Keeping with the theme of vengeance, there haven’t been many hit singles with quite this much fury and bile running through it…ever, perhaps. Especially not the lead/breakthrough single from a debut album that has, in the past fifteen years, sold thirty-three million copies (and counting, no doubt). Anyway, back to the song – every single line in this song screams of utter hate and contempt for the “ex”, and it’s scarily unhinged delivery (and lyrics – best one being “And every time I scratch my nails down someone else’s back…I hope you feel it“) was perhaps the reason why this song worked so well. It’s just a shame that she seemed to exhaust her fury in this album (and mostly in this song), with subsequent ones being…well, somewhat dull.

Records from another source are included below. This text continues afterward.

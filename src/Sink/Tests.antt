-- ===== src/Sink/Tests.antt =====
-- Each theorem on rotation at a concrete log.
use logparse.Base.{
  ◌∷◌, ◌≡◌, ◌<◌, ◌⊎◌, refl, true, Bytes, codes, [], ◌++◌, none, some, arith, equal, length,
  if◌then◌else◌,
}
use logparse.Fixtures.{plain_os, plain_world}
use logparse.Sink.Manager.{followed, write_all-append}
use logparse.Sink.{
  Sink, file_sink, null_sink, write_all, RotatingFileSink, rotate_loop, rotating_write,
  rotating_flush, must_rotate,
}
use logparse.Sink.Reopened.{Cooperates}
use logparse.Sink.Bounds.{rotating_write_bound, rotating_write_unbounded}
use logparse.Sink.Disk.{World, content, handed_over, stream_write, stream_flush}
use logparse.Sink.History.{Continued, write_each, joined, write_each-Continued}
use logparse.Sink.Rotation.{Rotated, rotate_loop-Rotated}

abbrev log_name : Bytes
log_name = codes "a.log"

-- A log of three bytes.
abbrev logged : World
logged = record plain_world { files = λ p. if equal p log_name then some (codes "one") else none }

abbrev small_log : RotatingFileSink
small_log = record {
  path = log_name;
  stream = record { is_open = true; pending = [] };
  max_file_size = 5;
  max_files = 1;
}

abbrev single_log : RotatingFileSink
single_log = record small_log { max_files = 0 }

logged-Cooperates : Cooperates small_log logged
logged-Cooperates = record { renames = λ s d. refl; opens = refl }

single-Cooperates : Cooperates single_log logged
single-Cooperates = record { renames = λ s d. refl; opens = refl }

abbrev file_log : Sink
file_log = file_sink (record { path = log_name; stream = record { is_open = true; pending = [] } })

rotate_loop-Rotated_example : Rotated log_name 2 logged.files (rotate_loop 2 log_name logged).files
rotate_loop-Rotated_example = rotate_loop-Rotated 2 log_name logged (λ s d. refl)

write_each-Continued_example :
    Continued 0 small_log logged
      (codes "twothree")
      (write_each small_log (codes "two" ∷ codes "three" ∷ []) logged)
unfolding joined
write_each-Continued_example =
    write_each-Continued 0 small_log (codes "two" ∷ codes "three" ∷ []) logged refl
      logged-Cooperates refl

-- The same log where a byte waits, and streams that write nothing through at once.
abbrev waiting_log : RotatingFileSink
waiting_log = record small_log { stream = record { is_open = true; pending = codes "x" } }

abbrev slow : World
slow = record logged { spill = λ waiting s. 0 }

rotating_write_bound_example :
    let o = rotating_write waiting_log (codes "y") slow in
    let after = handed_over log_name (o.object.stream, o.world) in
    (length after < 6) ⊎ (after ≡ codes "y")
rotating_write_bound_example =
    rotating_write_bound waiting_log (codes "y") slow refl
      (record { renames = λ s d. refl; opens = refl }) (omega arith) (unfold equal in omega arith)

-- Two lines that the size test lets pass one by one, and the file behind them and a flush: it is
-- at the limit of five bytes that the test keeps it below.
past_limit :
    let one = rotating_write small_log (codes "y") slow in
    let two = rotating_write one.object (codes "z") one.world in
    content log_name (rotating_flush two.object two.world).world ≡ codes "oneyz"
unfolding rotating_write must_rotate stream_write rotating_flush stream_flush equal
past_limit = refl

rotating_write_unbounded_example :
    let o = rotating_write single_log (codes "two") logged in
    handed_over log_name (o.object.stream, o.world)
    ≡ handed_over log_name (single_log.stream, logged) ++ codes "two"
rotating_write_unbounded_example =
    rotating_write_unbounded single_log (codes "two") logged refl single-Cooperates refl

write_all-file_null :
    write_all plain_os (file_log ∷ [] ++ null_sink ∷ []) (codes "two") logged
    ≡ followed plain_os
        (codes "two")
        (write_all plain_os (file_log ∷ []) (codes "two") logged)
        (null_sink ∷ [])
write_all-file_null =
    write_all-append plain_os (codes "two") (file_log ∷ []) (null_sink ∷ []) logged
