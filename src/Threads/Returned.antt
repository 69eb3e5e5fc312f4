-- ===== src/Threads/Returned.antt =====
-- A run of one thread's steps alone, from the start of a call to where the thread rests again.
use mathlib.Core.Option.{some-injective}
use logparse.Base.{
  ℕ, suc, ◌≡◌, refl, ap, ◌∙◌, sym, none, some, Option, List, [], ◌∷◌, Bytes, get_elem?, ==_iff,
}
use logparse.Formatter.{Formatter, TimeCache}
use logparse.Platform.{Platform}
use logparse.Sink.{Sink, write, flush}
use logparse.Sink.Disk.{World}
use logparse.Threads.{
  Machine, Step, format_line, write_sink, write_throws, write_returns, flush_call, flush_sink,
  flush_returns, set_pattern, put, called, resting, writes, flushes, Progress, Event,
}

pub put_here : {A : Type 0} (f : ℕ → A) (t : ℕ) (a : A) → put f t a t ≡ a
put_here f t a = rw ((==_iff t t).1 refl) refl

module _ {Tm : Type 0} (os : Platform Tm) where
  -- The thread that makes a step of its own.
  unfoldable pub mover : {m n : Machine} {e : Event} → Step os m e n → Option ℕ
  mover (format_line t r line warm a e) = some t
  mover (write_sink t k line s a at e) = some t
  mover (write_throws t k line s x a at e) = some t
  mover (write_returns t k line a at) = some t
  mover (flush_call t a) = some t
  mover (flush_sink t k s a at) = some t
  mover (flush_returns t k a at) = some t
  mover (set_pattern p) = none

  -- Steps of thread `t` alone, up to the first state in which it rests.
  pub data Uninterrupted (t : ℕ) : Machine → List Event → Machine → Type 0 where
    comes_back :
        {m n : Machine} {e : Event} (st : Step os m e n)
        → mover st ≡ some t
        → n.progress t ≡ resting
        → Uninterrupted t m (e ∷ []) n
    goes_on :
        {m n o : Machine} {e : Event} {es : List Event} (st : Step os m e n)
        → mover st ≡ some t
        → ¬ (n.progress t ≡ resting)
        → Uninterrupted t n es o
        → Uninterrupted t m (e ∷ es) o

  -- What the next step of a thread inside a call leaves.
  abbrev write_next : ℕ → Machine → Bytes → ℕ → Option Sink → Machine
  write_next t m line k none = record m { progress = put m.progress t resting }
  write_next t m line k (some s) =
      let o = write os s line m.world in
      called m t k o (elim o.thrown [ none ↦ writes line (suc k) | some e ↦ resting ])

  abbrev flush_next : ℕ → Machine → ℕ → Option Sink → Machine
  flush_next t m k none = record m { progress = put m.progress t resting }
  flush_next t m k (some s) = called m t k (flush s m.world) (flushes (suc k))

  abbrev next_from : ℕ → Machine → Progress → Machine
  next_from t m resting = m
  next_from t m (writes line k) = write_next t m line k (get_elem? m.sinks k)
  next_from t m (flushes k) = flush_next t m k (get_elem? m.sinks k)

  next : ℕ → Machine → Machine
  next t m = next_from t m (m.progress t)

  Step-next :
      {m n : Machine} {e : Event} (t : ℕ) (st : Step os m e n)
      → mover st ≡ some t
      → ¬ (m.progress t ≡ resting)
      → n ≡ next t m
  unfolding mover next
  Step-next t (format_line u r line warm a e) by_t busy =
      absurd (busy (rw (sym (some-injective u t by_t)) a))
  Step-next t (write_sink u k line s a at e) by_t busy =
      rw (sym (some-injective u t by_t), a, at, e) refl
  Step-next t (write_throws u k line s x a at e) by_t busy =
      rw (sym (some-injective u t by_t), a, at, e) refl
  Step-next t (write_returns u k line a at) by_t busy =
      rw (sym (some-injective u t by_t), a, at) refl
  Step-next t (flush_call u a) by_t busy = absurd (busy (rw (sym (some-injective u t by_t)) a))
  Step-next t (flush_sink u k s a at) by_t busy = rw (sym (some-injective u t by_t), a, at) refl
  Step-next t (flush_returns u k a at) by_t busy = rw (sym (some-injective u t by_t), a, at) refl
  Step-next t (set_pattern p) by_t busy = cc by_t

  -- Inside a call a thread has one way on.
  pub Uninterrupted-unique :
      {t : ℕ} {m m' o o' : Machine} {es es' : List Event}
      → Uninterrupted t m es o
      → Uninterrupted t m' es' o'
      → m ≡ m'
      → ¬ (m.progress t ≡ resting)
      → o ≡ o'
  Uninterrupted-unique {t} (comes_back st a b) (comes_back st' a' b') e busy =
      Step-next t st a busy
      ∙ ap (next t) e
      ∙ sym (Step-next t st' a' (λ h. busy (ap (λ x. x.progress t) e ∙ h)))
  Uninterrupted-unique {t} (comes_back st a b) (goes_on st' a' b' r') e busy =
      let same =
        Step-next t st a busy
        ∙ ap (next t) e
        ∙ sym (Step-next t st' a' (λ h. busy (ap (λ x. x.progress t) e ∙ h))) in
      absurd (b' (sym (ap (λ x. x.progress t) same) ∙ b))
  Uninterrupted-unique {t} (goes_on st a b r) (comes_back st' a' b') e busy =
      let same =
        Step-next t st a busy
        ∙ ap (next t) e
        ∙ sym (Step-next t st' a' (λ h. busy (ap (λ x. x.progress t) e ∙ h))) in
      absurd (b (ap (λ x. x.progress t) same ∙ b'))
  Uninterrupted-unique {t} (goes_on st a b r) (goes_on st' a' b' r') e busy =
      let same =
        Step-next t st a busy
        ∙ ap (next t) e
        ∙ sym (Step-next t st' a' (λ h. busy (ap (λ x. x.progress t) e ∙ h))) in
      Uninterrupted-unique r r' same b

  -- A state in which thread `t` rests, with the formatter, its cache, the sinks and the world as given.
  pub record Left (t : ℕ) (f : Formatter) (cache : TimeCache) (sinks : List Sink) (world : World)
      (last : Machine) : Type 0 where
    pub rests : last.progress t ≡ resting
    pub same_formatter : last.formatter ≡ f
    pub same_cache : last.caches t ≡ cache
    pub new_sinks : last.sinks ≡ sinks
    pub new_world : last.world ≡ world

  -- Thread `t` alone comes back so from the state `m`.
  pub record Returned (t : ℕ) (m : Machine) (cache : TimeCache) (sinks : List Sink) (world : World)
      : Type 0 where
    pub events : List Event
    pub last : Machine
    pub alone : Uninterrupted t m events last
    pub left : Left t m.formatter cache sinks world last

  pub behind :
      {t : ℕ} {m n : Machine} {e : Event} {cache : TimeCache} {sinks : List Sink} {world : World}
      (st : Step os m e n)
      → mover st ≡ some t
      → ¬ (n.progress t ≡ resting)
      → n.formatter ≡ m.formatter
      → Returned t n cache sinks world
      → Returned t m cache sinks world
  behind {e} st a busy f h = record {
    events = e ∷ h.events;
    last = h.last;
    alone = goes_on st a busy h.alone;
    left = record {
      rests = h.left.rests;
      same_formatter = h.left.same_formatter ∙ f;
      same_cache = h.left.same_cache;
      new_sinks = h.left.new_sinks;
      new_world = h.left.new_world;
    };
  }

  -- A call whose last step is this one.
  pub at_end :
      (t : ℕ) (m n : Machine) {e : Event} (st : Step os m e n)
      → mover st ≡ some t
      → n.formatter ≡ m.formatter
      → n.progress t ≡ resting
      → Returned t m (n.caches t) n.sinks n.world
  at_end t m n {e} st a f rests = record {
    events = e ∷ [];
    last = n;
    alone = comes_back st a rests;
    left = record {
      rests = rests;
      same_formatter = f;
      same_cache = refl;
      new_sinks = refl;
      new_world = refl;
    };
  }

  pub moved :
      {t : ℕ} {m : Machine} {cache cache' : TimeCache} {sinks sinks' : List Sink} {world : World}
      → cache ≡ cache'
      → sinks ≡ sinks'
      → Returned t m cache sinks world
      → Returned t m cache' sinks' world
  moved c s h = record {
    events = h.events;
    last = h.last;
    alone = h.alone;
    left = record {
      rests = h.left.rests;
      same_formatter = h.left.same_formatter;
      same_cache = h.left.same_cache ∙ c;
      new_sinks = h.left.new_sinks ∙ s;
      new_world = h.left.new_world;
    };
  }
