-- ===== src/Threads/Alone.antt =====
-- A call that no other thread interrupts does what the backend's own function does.
use logparse.Base.{ℕ, ◌≡◌, List, [], ◌∷◌, Bytes}
use logparse.Backend.{Backend, emit, flush_sinks}
use logparse.Formatter.{format}
use logparse.Platform.{Platform}
use logparse.Record.{LogRecord}
use logparse.Sink.{Sink}
use logparse.Threads.{Event, Machine, put, writes, flushes, began, silent}
use logparse.Threads.Returned.{Left, Returned}

module _ {Tm : Type 0} (os : Platform Tm) where
  module _ (t : ℕ) where
    -- What a thread works on.
    abbrev pub backend_of : Machine → Bytes → Backend
    backend_of m buffer = record {
      formatter = m.formatter;
      sinks = m.sinks;
      world = m.world;
      tls_buffer = buffer;
      cache = m.caches t;
    }

    -- A call that began at `m` has come back, and has done what the backend's function does.
    abbrev pub Done : Machine → Backend → Machine → Type 0
    Done m b o = Left os t m.formatter b.cache b.sinks b.world o

    -- What a thread did between two rests, by what its first step shows.
    abbrev pub Did : Machine → Bytes → List Event → Machine → Type 0
    Did m buffer (began u r line ∷ es) o = Done m (emit os (backend_of m buffer) r).0 o
    Did m buffer (silent ∷ es) o = Done m (flush_sinks (backend_of m buffer)) o
    Did m buffer es o = ⊥

    abbrev formatted : Machine → LogRecord → Machine
    formatted m r =
        let (line, warm) = format os m.formatter (m.caches t) [] r in
        record m { progress = put m.progress t (writes line 0); caches = put m.caches t warm }

    abbrev flushing : Machine → Machine
    flushing m = record m { progress = put m.progress t (flushes 0) }

    -- What the first step of a call leaves.
    abbrev Begins : Machine → Event → Machine → Type 0
    Begins m (began u r line) n = n ≡ formatted m r
    Begins m silent n = n ≡ flushing m
    Begins m e n = ⊥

/Call Me When You’re Sober
/The Open Door

A little more restrained, perhaps, is this track. Amy Lee’s vocal details dealing with an ex-boyfriend who preferred the bottle to her (?!?), and how she is clearly better off without him – and otherwise, it’s this band by numbers, really – soaring, somewhat earnest gothic-ish rock.

/Nancy Sinatra

/These Boots Are Made For Walkin’

No, I’m not going to include the KMFDM cover. Let’s have the classic original – and perhaps the finest kiss-off to an ex-partner ever. Endlessly sampled, covered, and featured in films and TV shows, it’s with good reason – this is bloody marvellous, still, forty-five years on since release. Short and sweet, broadly just a guitar, drums and Sinatra’s voice, it’s a heck of an earworm, too…


/Slanted and Enchanted

Tellingly the last song Pavement played before they split up the first time around, this ballad showed a side to Pavement that they didn’t really reveal too much. Stephen Malkmus always seemed to prefer to hide behind clever lyrics and metaphors, so to have a song this nakedly emotional was a bit of a shock. This is it, the song says. Everything ends here. No returns, no new attempts, no regrets, no turning back. Sound advice.